▼▼▼
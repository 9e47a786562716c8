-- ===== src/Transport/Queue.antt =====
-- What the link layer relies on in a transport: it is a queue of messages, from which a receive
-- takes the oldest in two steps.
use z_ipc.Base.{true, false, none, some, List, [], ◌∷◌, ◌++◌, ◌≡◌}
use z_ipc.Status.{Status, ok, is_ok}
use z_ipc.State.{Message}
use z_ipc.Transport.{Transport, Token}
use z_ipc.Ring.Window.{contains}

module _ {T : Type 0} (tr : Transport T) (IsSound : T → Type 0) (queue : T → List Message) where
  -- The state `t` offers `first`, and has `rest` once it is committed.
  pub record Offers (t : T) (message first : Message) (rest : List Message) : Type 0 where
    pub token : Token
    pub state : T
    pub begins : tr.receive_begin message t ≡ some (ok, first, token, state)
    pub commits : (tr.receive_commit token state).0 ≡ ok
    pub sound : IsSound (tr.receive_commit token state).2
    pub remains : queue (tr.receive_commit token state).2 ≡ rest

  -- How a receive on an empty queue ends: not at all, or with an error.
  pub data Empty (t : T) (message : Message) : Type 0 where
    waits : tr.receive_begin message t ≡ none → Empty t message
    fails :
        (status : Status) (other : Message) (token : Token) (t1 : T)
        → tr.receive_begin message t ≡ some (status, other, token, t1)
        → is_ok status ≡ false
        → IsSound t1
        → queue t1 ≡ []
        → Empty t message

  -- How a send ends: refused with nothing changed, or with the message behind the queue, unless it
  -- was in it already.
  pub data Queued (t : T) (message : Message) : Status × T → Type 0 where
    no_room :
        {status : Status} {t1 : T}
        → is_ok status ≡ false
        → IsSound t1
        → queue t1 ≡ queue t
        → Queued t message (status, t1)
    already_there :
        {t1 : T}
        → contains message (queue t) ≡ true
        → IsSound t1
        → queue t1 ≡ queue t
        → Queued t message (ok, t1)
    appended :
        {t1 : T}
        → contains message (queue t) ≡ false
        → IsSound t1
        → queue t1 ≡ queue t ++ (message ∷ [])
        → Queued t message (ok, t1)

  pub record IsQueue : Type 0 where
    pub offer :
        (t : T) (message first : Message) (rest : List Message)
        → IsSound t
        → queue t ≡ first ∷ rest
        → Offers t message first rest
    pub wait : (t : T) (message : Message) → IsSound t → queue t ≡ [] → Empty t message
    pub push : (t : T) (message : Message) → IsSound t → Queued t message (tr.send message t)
▲▲▲
#### PROBLEM
Look through the entries for the string "none". Every line that has it belongs in the answer.

#### ANSWER SECTION
use z_ipc.Base.{true, false, none, some, List, [], ◌∷◌, ◌++◌, ◌≡◌}
    waits : tr.receive_begin message t ≡ none → Empty t message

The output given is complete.